The Proc stated a size limit but new signs put up at Pineview stated that all Tiger Muskie muse be released.


----------



## Critter (Mar 20, 2010)

Usually posted signs trump the regs since rules can be changed after the regs are printed. 

I do agree that you really should go to the horses mouth and ask the division to be on the safe side if you have any question.


----------



## Fishrmn (Sep 14, 2007)

If they change the rules, they have to publish a change to the guide book. Here's an example:http://wildlife.utah.gov/guidebooks/2011_emergency/11-06-30_ferron_reservoir_emergency_change.pdf

There hasn't been a change to the regs concerning the brook trout limit in the Uintas.

Fishrmn


----------



## PBH (Nov 7, 2007)

brookieguy1 said:


> However, when I happen upon a Uinta lake that is producing 17-18" healthy brook trout, I am quite protective and practice selective harvest. Kind of my own personal "lake management system".


Wait a minute. Let's think about this.

So, the bonus limit allows, and promotes, harvesting more fish. Obviously, there are lakes it is working because you are finding a couple lakes with 17-18" brook trout. So your "help" is to go against what got those fish big -- and you release more fish? Isn't that bassackwards?

Consider Round Willow Bottom on the Boulder. Under general regulations this lake has flourished with tiger trout and cutthroat trout. Tigers up to 8lbs have been caught from this lake this summer. In response to the fantastic fish in this lake, numerous anglers have requested that the DWR place special regulations on the lake "to protect those big fish". One has to ask oneself: "how did those fish get big in the first place"? If the fish grew to "trophy" size under general regulations, why change and go restrictive -- and possibly screw things up?

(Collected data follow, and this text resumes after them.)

-- ===== src/Ndjson/Counting.antt =====
-- The line count of src/core/ndjson.py against the lines that Python's file iteration yields.
use claude_code_manager.Base.{
  ℕ, zero, suc, ◌+◌, ◌<◌, ◌≡◌, refl, sym, ◌∙◌, ap, Option, none, some, List, [], ◌∷◌, ◌++◌, take,
  drop, length, Text, nat_eq, arith, take-append-drop, length-drop, Bool-cases, inl, inr,
}
use claude_code_manager.Ndjson.{
  newline, newlines, split, cons_head, drop_last_empty, last_byte, open_line, count_loop,
  count_lines,
}
use claude_code_manager.Ndjson.Lines.{newlines-append, split_shape}

-- The last byte read, after more bytes.
abbrev pub final_byte : Option ℕ → Text → Option ℕ
final_byte last [] = last
final_byte last (c ∷ s) = final_byte (some c) s

last_byte-final : (c : ℕ) (s : Text) → last_byte c s ≡ final_byte (some c) s
last_byte-final c [] = refl
last_byte-final c (d ∷ s) = last_byte-final d s

final_byte-append :
    (last : Option ℕ) (s t : Text) → final_byte last (s ++ t) ≡ final_byte (final_byte last s) t
final_byte-append last [] t = refl
final_byte-append last (c ∷ s) t = final_byte-append (some c) s t

count_loop_lem :
    (fuel size : ℕ) (rest : Text) (total : ℕ) (last : Option ℕ)
    → length rest < fuel
    → count_loop fuel (suc size) rest total last
      ≡ total + newlines rest + open_line (final_byte last rest)
unfolding count_loop
count_loop_lem zero size rest total last h = absurd (omega (arith, h))
count_loop_lem (suc fuel) size [] total last h = omega arith
count_loop_lem (suc fuel) size (c ∷ s) total last h =
    let chunk = c ∷ take size s in
    let parts = ap (◌∷◌ c) (take-append-drop size s) in
    count_loop_lem fuel size (drop size s) (total + newlines chunk) (last_byte c (take size s))
      (omega (arith, h, length-drop size s))
    ∙ omega (
      arith,
      newlines-append chunk (drop size s),
      ap newlines parts,
      ap (λ l. open_line (final_byte l (drop size s))) (last_byte-final c (take size s)),
      ap open_line (sym (final_byte-append last chunk (drop size s))),
      ap (λ t. open_line (final_byte last t)) parts,
    )

abbrev pub line_count : List Text → ℕ
line_count ls = length (drop_last_empty ls)

line_count-cons_head :
    (c d : ℕ) (l : Text) (ls : List Text)
    → line_count (cons_head c ((d ∷ l) ∷ ls)) ≡ line_count ((d ∷ l) ∷ ls)
line_count-cons_head c d l [] = refl
line_count-cons_head c d l (m ∷ ls) = refl

-- A byte before a text that is not empty adds no line,
line_count_longer :
    (c d : ℕ) (s : Text) → line_count (cons_head c (split (d ∷ s))) ≡ line_count (split (d ∷ s))
unfolding split
line_count_longer c d s =
    let (l, ls, e) = split_shape s in
    elim (Bool-cases (nat_eq d newline)) [
      | inl h ↦ rw (h, e) refl
      | inr h ↦ rw (h, e) (line_count-cons_head c d l ls)
    ]

-- and a newline before it adds one.
line_count_closed : (s : Text) → line_count ([] ∷ split s) ≡ suc (line_count (split s))
line_count_closed s = let (l, ls, e) = split_shape s in rw (e) refl

split_step :
    (c : ℕ) (s : Text)
    → line_count (cons_head c (split s)) ≡ line_count (split s)
    → line_count (split s) ≡ newlines s + open_line (final_byte none s)
    → line_count (split (c ∷ s)) ≡ newlines (c ∷ s) + open_line (final_byte none s)
unfolding split
split_step c s longer h = elim (Bool-cases (nat_eq c newline)) [
  | inl b ↦ rw (b) (omega (arith, h, line_count_closed s))
  | inr b ↦ rw (b) (omega (arith, h, longer))
]

length-split : (s : Text) → line_count (split s) ≡ newlines s + open_line (final_byte none s)
length-split [] = unfold split in refl
length-split (c ∷ []) = unfold split in ground arith
length-split (c ∷ d ∷ s) = split_step c (d ∷ s) (line_count_longer c d s) (length-split (d ∷ s))

-- The count, in chunks of any positive size, is the number of the file's lines, where a last line
-- without a newline counts and the emptiness behind a last newline does not.
pub count_lines-length :
    (size : ℕ) (file : Text)
    → 0 < size
    → count_lines size file ≡ length (drop_last_empty (split file))
unfolding count_lines
count_lines-length zero file h = absurd (omega (arith, h))
count_lines-length (suc size) file h =
    count_loop_lem (suc (length file)) size file 0 none (omega arith)
    ∙ omega (arith, length-split file)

So, back the Uintahs -- if the lake has 17 - 18" brook trout, and also has a regulation to allow a bonus limit of brook trout, why on Earth would you try to "protect" the lake by releasing fish? It's obvious to me that harvesting those larger fish isn't going to have a negative affect on it.


----------



## Brookie (Oct 26, 2008)

The reason why is cause people would like to catch more than one big fish at willow bottoms


----------



## Fishrmn (Sep 14, 2007)

I think what PBH is trying to point out is that the reason there are bigger fish isn't because someone is releasing them. It is because they are harvesting fish. The conditions exist to grow fish to that size. If you remove the competition, the remaining fish will grow to that size by utilizing the same forage that allowed the first one to get big. Leaving them in there could actually be counterproductive. If the bonus limit of brook trout was causing a problem the UDWR would change the regs. But, hey, if you wanna release them somebody else will be happy to catch them too.

Fishrmn


----------



## brookieguy1 (Oct 14, 2008)

PBH said:


> brookieguy1 said:
> 
> 
> > However, when I happen upon a Uinta lake that is producing 17-18" healthy brook trout, I am quite protective and practice selective harvest. Kind of my own personal "lake management system".
> ...


Not to argue your point, because I agree with you to an extent. The few Uinta lakes I am speaking about have big fish for more natural reasons, none of which are due to harvest. In other words, I am probably one of the very few fishing them. You are probably right in the fact that if I harvested 8 it would help the remaining fish grow, but on a 2 acre pond with maybe 30 fish, I feel the need to restrain a bit.


----------



## HighmtnFish (Jun 3, 2010)

I like the limit situation on the Boulder Mountain. I believe that you can keep a limit of 8 brook trout but only 2 fish can be 14 inches or longer. I believe that Round Willows bottoms falls under these regulations. In lakes with stunted fish, a group of anglers can keep a bunch of fish and in the trophy lakes like Round Willow Bottoms a guy can only keep 2 "big" fish so there's some others big ones left for the other anglers. This slot limit seems to have worked fairly well, and a limit like this might be a solution for the Uinta lakes. I would actually like to see the slot raised to 16 or 18 inches on the Boulder Mountain lakes. I know of a few lakes on the boulder that have a bunch of stunted fish at 14 1/2 inches.


----------



## PBH (Nov 7, 2007)

HighmtnFish said:


> I would actually like to see the slot raised to 16 or 18 inches on the Boulder Mountain lakes. I know of a few lakes on the boulder that have a bunch of stunted fish at 14 1/2 inches.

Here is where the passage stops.